Гулкие удары внутри себя Хаято научился не замечать. Словно бы он бездушный маньяк, зарывший свою жертву заживо — вот только можно было поспорить, кто из них маньяк, а кто — жертва.
Число «семнадцать» Хаято уже не вспоминал, наверное, смирился или просто решил жить одним лишь сегодняшним днём. Ямамото теперь превратился в парня-который-всегда-рядом, а Хаято всё чаще ловил на себе странные, сочувственно-ненавидящие взгляды.
Существо внутри него теперь решало их судьбу, а Ямамото втайне надеялся, что Хаято утащит его с собой в одну из этих чёрных дыр.
Хаято стал одним сгустком боли и, словно оголённый нерв, чувствовал всё в разы острее. Килограммы утекали, утекали и последние слёзы из окончательно потухших зелёных глаз. Внутри не осталось ничего от Хаято, только космос и острые пики рёбер. И целой жизни было мало, хотелось завопить, наплевать на все законы и силу притяжения и набить морду этому сраному ублюдку, что богом зовётся. Хаято бы так и сделал, только вот руки поднять сил не было, он дышал через раз и едва шевелил костлявыми пальцами, морщился и кривил серые губы.
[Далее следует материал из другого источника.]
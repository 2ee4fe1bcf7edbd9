-- ===== src/Controller/User/Account/Resolution.antt =====
-- `resolveOrCreateUser` of pocketiduser_controller.go: when it creates an account, when it updates
-- one, and when it does neither.
use pocketid_operator.Base.{
  ◌≡◌, refl, sym, ◌∙◌, String, true, false, string_eq, is_empty, Option, none, some, List, [], ◌∷◌,
  arith, Bool-cases, inl, inr,
}
use pocketid_operator.Base.Lists.Named.{find_named, contains-of-find_named, IsFirst-of-find_named}
use pocketid_operator.Error.{ok, Result-cases}
use pocketid_operator.Api.User.{User}
use pocketid_operator.PocketId.Types.{User as Account}
use pocketid_operator.PocketId.Request.{Client}
use pocketid_operator.PocketId.Client.{get_user, list_users, do_request}
use pocketid_operator.World.{Env, History, on_error, send, ◌>>=◌}
use pocketid_operator.Controller.User.Account.{
  find_username, needs_user_update, update_account, create_or_update, get_account, search_account,
  resolve_or_create_user,
}
use pocketid_operator.Controller.User.Account.Agreement.{needs_user_update-false_iff}
use pocketid_operator.Controller.User.Account.Outcomes.{
  username_of, target_for, Finds, after_list, Resolution, effects-create, effects-update,
  create_account-PassesOn, update_account-PassesOn, known, unread, not_listed, created, updated,
  kept,
}

find_username-named :
    (name : String) (us : List Account) → find_username name us ≡ find_named username_of name us
find_username-named name [] = refl
find_username-named name (u ∷ us) = rw (find_username-named name us) refl

module _ (env : Env) (c : Client) (u : User) where
  Resolution-of-current :
      (h : History) (a : Account)
      → Finds env c u h a
      → Resolution env c u h
          (update_account env c u a (target_for env c u a) (after_list env c u h)).0
          (update_account env c u a (target_for env c u a) (after_list env c u h)).1
  unfolding update_account
  Resolution-of-current h a finds = elim (Bool-cases (needs_user_update a (target_for env c u a))) [
    | inl differ ↦
        updated a finds
          (λ agree.
            absurd (ground (arith, (needs_user_update-false_iff a (target_for env c u a)).1 agree)))
          (update_account-PassesOn env c u a (after_list env c u h) differ)
          (effects-update env c u a (after_list env c u h) differ)
    | inr agree ↦
        rw agree
          (kept a finds ((needs_user_update-false_iff a (target_for env c u a)).0 agree) refl refl)
  ]

  Resolution-of-listed :
      (h : History) (us : List Account) (o : Option Account)
      → is_empty u.status.user_id ≡ true
      → (list_users env c h).0 ≡ ok us
      → find_username u.spec.username us ≡ o
      → Resolution env c u h
          (create_or_update env c u o (after_list env c u h)).0
          (create_or_update env c u o (after_list env c u h)).1
  unfolding create_or_update
  Resolution-of-listed h us none unset listed p =
      created unset us listed
        (contains-of-find_named username_of u.spec.username us
          (sym (find_username-named u.spec.username us) ∙ p))
        (create_account-PassesOn env c u (after_list env c u h))
        (effects-create env c u (after_list env c u h))
  Resolution-of-listed h us (some a) unset listed p = Resolution-of-current h a (record {
    no_id = unset;
    accounts = us;
    listed = listed;
    first =
        IsFirst-of-find_named username_of u.spec.username us a
          (sym (find_username-named u.spec.username us) ∙ p);
  })

  Resolution-of-search :
      (h : History)
      → is_empty u.status.user_id ≡ true
      → Resolution env c u h (search_account env c u h).0 (search_account env c u h).1
  unfolding search_account list_users do_request send ◌>>=◌
  Resolution-of-search h unset = elim (Result-cases (list_users env c h).0) [
    | inl (e, p) ↦ rw (p, on_error) (not_listed e unset p refl refl)
    | inr (us, p) ↦ rw (p, on_error) (Resolution-of-listed h us _ unset p refl)
  ]

  Resolution-of-get :
      (h : History)
      → is_empty u.status.user_id ≡ false
      → Resolution env c u h (get_account env c u h).0 (get_account env c u h).1
  unfolding get_account get_user do_request send ◌>>=◌
  Resolution-of-get h set = elim (Result-cases (get_user env c u.status.user_id h).0) [
    | inl (e, p) ↦ rw (p, on_error) (unread e set p refl refl)
    | inr (a, p) ↦ rw (p, on_error) (known a set p refl refl)
  ]

  -- The account of a user, by its effects on PocketID. With an id in the status it is only read,
  -- and given as it is, whatever the specification says. Without one the accounts are listed; if
  -- that fails the call fails with no other request; an account is created, as the specification
  -- says, if PocketID has listed none with the username; else the first listed one with the
  -- username is updated, to what the specification says, if it disagrees with it, and is kept and
  -- given as it is if it agrees. The call gives the answer of PocketID to the creation, with its id
  -- in the status, or to the update, and fails if these do.
  pub resolve_or_create_user-Resolution :
      (h : History)
      → Resolution env c u h
          (resolve_or_create_user env c u h).0
          (resolve_or_create_user env c u h).1
  unfolding resolve_or_create_user
  resolve_or_create_user-Resolution h = elim (Bool-cases (is_empty u.status.user_id)) [
    | inl unset ↦ rw unset (Resolution-of-search h unset)
    | inr set ↦ rw set (Resolution-of-get h set)
  ]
За окном было минус шесть, когда он схватился за живот и закричал — отчаянно, непозволительно громко — словно бы звал свою жизнь обратно («ну ещё пару месяцев, господи»), зарыдал, уткнувшись лицом в подушку и запихав её уголок в рот. Было дико страшно и обидно — ну почему же так рано? — космос внутри поглощал последние крохи прежнего Хаято, готовый в каждую секунду — БАМ! — и разорвать его исхудалое, почти невесомое тело. Ямамото стоял рядом, держа Хаято за руку — точь-в-точь заботливый, ласковый муж. Хаято захлёбывался рыданиями и стонами, дышать было нечем, лёгкие, кажется, раздавило о грудную клетку, и он молился, чтобы на бледной шее вдруг оказались жабры. Восемь месяцев и тринадцать дней — все, убитые им когда-то, отмщены, а он корчился в адских муках, ненавидел и шептал: «Спаси, спаси, убей».
Ямамото стоял словно громом поражённый — он тоже выпит/обесточен/высушен — сил больше не осталось. Он почти видел, как уходит из Хаято жизнь — мутная, нервная, незавершённая. Ямамото заплакал, прижимая к губам влажную горячую ладонь, а четырнадцатый день неспешно входил в дом.
Чёрная дыра засасывала ставшее чёрным солнце, а после, вытерев ноги о бледный коврик в прихожей, под аккомпанемент пронзительного детского плача в квартиру неспешно шагнула багровая темнота. Космос смотрел на Ямамото, обнажив частокол острых треугольных зубов.